I couldn't find this mentioned anywhere, apologies if I missed it. I'm wondering how an MCR-aware workflow such as saving media with structured info will behave if extracting that structured info takes a non-zero amount of time, for example, if we need to open the media file, calculate some metadata, and add it to the media info content slot. It seems that we would want to store the revision and its main slot content, then kick off a background job which will come back and write media info to its own slot. Will this be in a new revision that somehow point to the old revision, or will it be adding the slot content to the old revision?
Topic on Talk:Requests for comment/Multi-Content Revisions
Revisions are immutable - once a revision exists, its content cannot be modified. So, if new information becomes known after a revision was already created, it has to be stored in a new revision. That doesn't mean copying any information: content of slots that are not modified in a given revision are "inherited" from the parent revision.
So, short answer: if extracting some kind of information during upload has to be done asynchronously because it takes a non-trivial amount of time, storing it will create a new revision.
Longer answer:
Modifiable slots for derived data was considered in the original MCR proposal, and may be added in the future. But a slot can be either human editable or modifiable, not both. So the extracted data would have to live in yet another slot, not the MediaInfo slot. Information from that slot could then be merged with the human editable information in the MediaInfo slot to define "virtual statements".
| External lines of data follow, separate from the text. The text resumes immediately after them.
-- ===== src/Upload/Storage.antt =====
-- An upload that is stored: from the first request to the reference in the response.
use data_relay_grpc.Base.{
  ℕ, ◌+◌, ◌%◌, ◌≤◌, ◌<◌, ◌≡◌, ◌≢◌, refl, sym, ap, ◌∙◌, inl, inr, true, List, [], ◌∷◌, some, arith,
  map, length, flatten, subst, append-nil,
}
use data_relay_grpc.OrderedMap.{find, emplace}
use data_relay_grpc.OrderedMap.Lookup.{find-assign, find-emplace}
use data_relay_grpc.Text.{text}
use data_relay_grpc.FileSystem.{FilePath, FileSystem, regular, node, open_output, find_node}
use data_relay_grpc.FileSystem.Laws.{find_node-put_node, SameSystem}
use data_relay_grpc.TagGenerator
use data_relay_grpc.TagGenerator.{OpenSsl}
use data_relay_grpc.SessionStore
use data_relay_grpc.SessionStore.{SessionStore, word}
use data_relay_grpc.Session.{Blob, SessionImpl, create_blob_file, get_new_blob_id}
use data_relay_grpc.Session.Accounting.{numbered_fresh}
use data_relay_grpc.Manager.{
  Manager, Server, with_session, context, absorb, get_session_impl, compute_tag,
  generate_reference_tag,
}
use data_relay_grpc.Manager.Lookup.{get_session_impl_cases}
use data_relay_grpc.Manager.History.{creates_blob, IsSound, Step-IsSound}
use data_relay_grpc.Outcome.{Outcome, returns, after}
use data_relay_grpc.Relay.{
  ok, PutStreamingRequest, PutMetadata, metadata, api_version, check_api_version, fails,
}
use data_relay_grpc.Download.{session_storage_id}
use data_relay_grpc.Upload.{
  complete, receive, size_matches, respond, conclude, upload, try_put, caught, put,
}
use data_relay_grpc.Upload.Stream.{
  IsStored, absorb-KeepsSessions, Advances, Advances-trans, with_session_found,
}
use data_relay_grpc.Upload.Chunks.{receive_prefix, receive_end}

-- the id of the next BLOB, and the path of its file
abbrev pub next_id : Server → ℕ
next_id s = (s.blob_id + 1) % word

abbrev pub upload_path : Server → FilePath
upload_path s = SessionStore.create_blob_file s.store (next_id s) (text "upload")

-- the server after `create_blob_file`, and after the file is open
abbrev pub created : ℕ → SessionImpl → Server → Server
created sid impl s = absorb sid s (record (context s impl) {
  impl = record impl {
    blobs = emplace (next_id s) (record { path = upload_path s; size = 0 }) impl.blobs;
  };
  blob_id = next_id s;
})

abbrev pub opened : ℕ → SessionImpl → FileSystem → Server → Server
opened sid impl fs s = record (created sid impl s) { file_system = fs }

pub created_call :
    (sid : ℕ) (impl : SessionImpl) (s : Server)
    → find sid s.blob_sessions ≡ some impl
    → with_session sid (create_blob_file (text "upload")) s
      ≡ (returns (next_id s, upload_path s), created sid impl s)
unfolding create_blob_file get_new_blob_id
created_call sid impl s there =
    with_session_found sid (create_blob_file (text "upload")) s impl there

pub opened-IsSound :
    (sid : ℕ) (impl : SessionImpl) (fs : FileSystem) (s : Server)
    → IsSound 0 s
    → s.blob_id + 1 < word
    → find sid s.blob_sessions ≡ some impl
    → IsSound 0 (opened sid impl fs s)
opened-IsSound sid impl fs s v fits there =
    let w : IsSound 0 (created sid impl s) =
      subst (IsSound 0)
        (ap (λ (x : Outcome (ℕ × FilePath) × Server). x.1) (created_call sid impl s there))
        (Step-IsSound (creates_blob sid (text "upload") fits there) v) in
    record { registered = w.registered; booked = w.booked }

pub open_output_lem :
    (fs fs' : FileSystem) (path : FilePath)
    → open_output fs path ≡ some fs'
    → (node fs' path ≡ some (regular []))
      × SameSystem fs fs'
      × ((q : FilePath) → fs.resolve path ≢ q → find_node q fs'.nodes ≡ find_node q fs.nodes)
unfolding open_output node
open_output_lem fs fs' path e = (
  ground (arith, find_node-put_node (fs.resolve path) (fs.resolve path) (regular []) fs.nodes),
  record { resolve = ground arith; can_open = ground arith; can_remove = ground arith },
  (λ q n. ground (arith, find_node-put_node (fs.resolve path) q (regular []) fs.nodes)),
)

-- After the file is open there is an entry of the BLOB, in the session, for an empty file.
pub opened-IsStored :
    (sid : ℕ) (impl : SessionImpl) (fs : FileSystem) (s : Server)
    → IsSound 0 s
    → s.blob_id + 1 < word
    → find sid s.blob_sessions ≡ some impl
    → open_output s.file_system (upload_path s) ≡ some fs
    → IsStored sid (next_id s) (upload_path s) [] (opened sid impl fs s)
      × Advances (upload_path s) 0 s (opened sid impl fs s)
opened-IsStored sid impl fs s v fits there e =
    let (empty, system, elsewhere) = open_output_lem s.file_system fs (upload_path s) e in
    let (ordered, numbered) = v.booked.numbered sid impl there in
    let fresh = numbered_fresh (context s impl) (next_id s) numbered (omega arith) in
    let b : Blob = record { path = upload_path s; size = 0 } in
    let new : SessionImpl = record impl { blobs = emplace (next_id s) b impl.blobs } in
    (
      record {
        impl = new;
        blob = b;
        sound = opened-IsSound sid impl fs s v fits there;
        there = ground (arith, there, find-assign sid sid new s.blob_sessions);
        has = ground (arith, fresh, find-emplace (next_id s) (next_id s) 0 b impl.blobs ordered);
        named = refl;
        sized = refl;
        counted = omega arith;
        written = empty;
      },
      record {
        used = omega arith;
        same_quota = refl;
        same_key = refl;
        sessions =
            absorb-KeepsSessions sid s impl (context (created sid impl s) new) there refl refl;
        same_system = system;
        elsewhere = elsewhere;
      },
    )

pub found_impl :
    (sid : ℕ) (m : Manager) (impl : SessionImpl)
    → get_session_impl sid m ≡ returns impl
    → find sid m.blob_sessions ≡ some impl
found_impl sid m impl e = elim (get_session_impl_cases sid m) [
  | inl (impl', there, e') ↦ cc
  | inr missing ↦ cc
]

-- `put`, up to the loop over the chunks
pub put-opened :
    (o : OpenSsl) (s : Server) (meta : PutMetadata) (requests : List PutStreamingRequest)
    (impl : SessionImpl) (fs : FileSystem)
    → meta.api_version ≤ api_version
    → get_session_impl meta.session_id s.manager ≡ returns impl
    → open_output s.file_system (upload_path s) ≡ some fs
    → put o (metadata meta ∷ requests) s
      ≡ caught (
          after
            (receive meta.session_id
              (next_id s)
              (upload_path s)
              requests
              0
              (opened meta.session_id impl fs s))
            (conclude o meta.blob_size impl (next_id s) (upload_path s)))
unfolding put try_put upload check_api_version
put-opened o s meta requests impl fs version there opens =
    let call =
      created_call meta.session_id impl s (found_impl meta.session_id s.manager impl there) in
    ground (arith, there, opens, call)

same_tag :
    (o : OpenSsl) (impl : SessionImpl) (bid : ℕ) (s t : Server)
    → t.hmac_secret_key ≡ s.hmac_secret_key
    → compute_tag o bid impl t.manager ≡ compute_tag o bid impl s.manager
unfolding compute_tag generate_reference_tag
same_tag o impl bid s t same =
    ap (λ key. TagGenerator.generate_reference_tag o key bid impl.session_id) same

respond_returns :
    (o : OpenSsl) (impl : SessionImpl) (bid tag : ℕ) (s t : Server)
    → t.hmac_secret_key ≡ s.hmac_secret_key
    → compute_tag o bid impl s.manager ≡ returns tag
    → respond o impl bid t ≡ (
      returns (record {
        status = fails ok (text "");
        blob = some (record { storage_id = session_storage_id; object_id = bid; tag = tag });
      }),
      t,
    )
unfolding respond
respond_returns o impl bid tag s t same e = rw (same_tag o impl bid s t same ∙ e, respond) refl

-- On a server in order, an upload to a session that is there, whose file opens, whose chunks fit
-- in the quota and have the size that the metadata announce, if any, and whose tag is computed, is
-- answered with OK and a reference. Then the session has a new BLOB under the id of the reference;
-- its file holds the chunks, one after the other; the usage has grown by their length; no other
-- file has changed; and the registry and the books are in order. The API version is accepted, and
-- neither the counter of BLOB ids nor the sum wraps.
pub put_stores :
    (o : OpenSsl) (s : Server) (meta : PutMetadata) (cs : List (List ℕ)) (impl : SessionImpl)
    (fs : FileSystem) (tag : ℕ)
    → IsSound 0 s
    → s.blob_id + 1 < word
    → meta.api_version ≤ api_version
    → get_session_impl meta.session_id s.manager ≡ returns impl
    → open_output s.file_system (upload_path s) ≡ some fs
    → s.store.quota + length (flatten cs) < word
    → s.store.current_size + length (flatten cs) ≤ s.store.quota
    → size_matches meta.blob_size (length (flatten cs)) ≡ true
    → compute_tag o (next_id s) impl s.manager ≡ returns tag
    → (t : Server) × (put o (metadata meta ∷ map PutStreamingRequest.chunk cs) s ≡ (
      returns (record {
        status = fails ok (text "");
        blob = some (record { storage_id = session_storage_id; object_id = next_id s; tag = tag });
      }),
      t,
    ))
      × IsStored meta.session_id (next_id s) (upload_path s) (flatten cs) t
      × Advances (upload_path s) (length (flatten cs)) s t
unfolding conclude
put_stores o s meta cs impl fs tag v fits version there opens small room matches tagged =
    let at = found_impl meta.session_id s.manager impl there in
    let (start, first) = opened-IsStored meta.session_id impl fs s v fits at opens in
    let s' : Server = opened meta.session_id impl fs s in
    let (t, e, p, a) =
      receive_prefix meta.session_id (next_id s) (upload_path s) [] cs [] s' start small room in
    let e' : receive meta.session_id (next_id s) (upload_path s) (map PutStreamingRequest.chunk cs)
          0 s'
        ≡ (returns (complete (length (flatten cs))), t) =
      ap (λ rs. receive meta.session_id (next_id s) (upload_path s) rs 0 s')
        (sym (append-nil (map PutStreamingRequest.chunk cs)))
      ∙ e
      ∙ receive_end meta.session_id (next_id s) (upload_path s) (length (flatten cs)) t in
    let whole : Advances (upload_path s) (length (flatten cs)) s t =
      subst (λ k. Advances (upload_path s) k s t) (omega arith) (Advances-trans first a) in
    let answer = respond_returns o impl (next_id s) tag s t whole.same_key tagged in
    (
      t,
      put-opened o s meta (map PutStreamingRequest.chunk cs) impl fs version there opens
          ∙ rw (e', matches, answer) refl,
      p,
      whole,
    )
Another wrinkle: perhaps we don't need a modifiable slot, we already have a place to store a meta data blob: img_metadata. This is not versioned, and can be updated at will, and MediaInfo could use it to expose virtual statements.
Virtual statements for extracted data seem like a really nice idea, but a lot of nitty gritty UI stuff needs to be sorted out to make them work. The idea has been floated several times, but it not mature.
That's helpful, thank you for the explanation. So it seems tricky to retrieve a historical revision along with extracted data, since I would need to know the revision at which the main slot modification of interest happens, then search forwards for the next derived slot edit which happens before another main slot edit.
This is all a hypothetical use case of course, so it isn't urgent or anything, I'm just hoping to better understand the internals.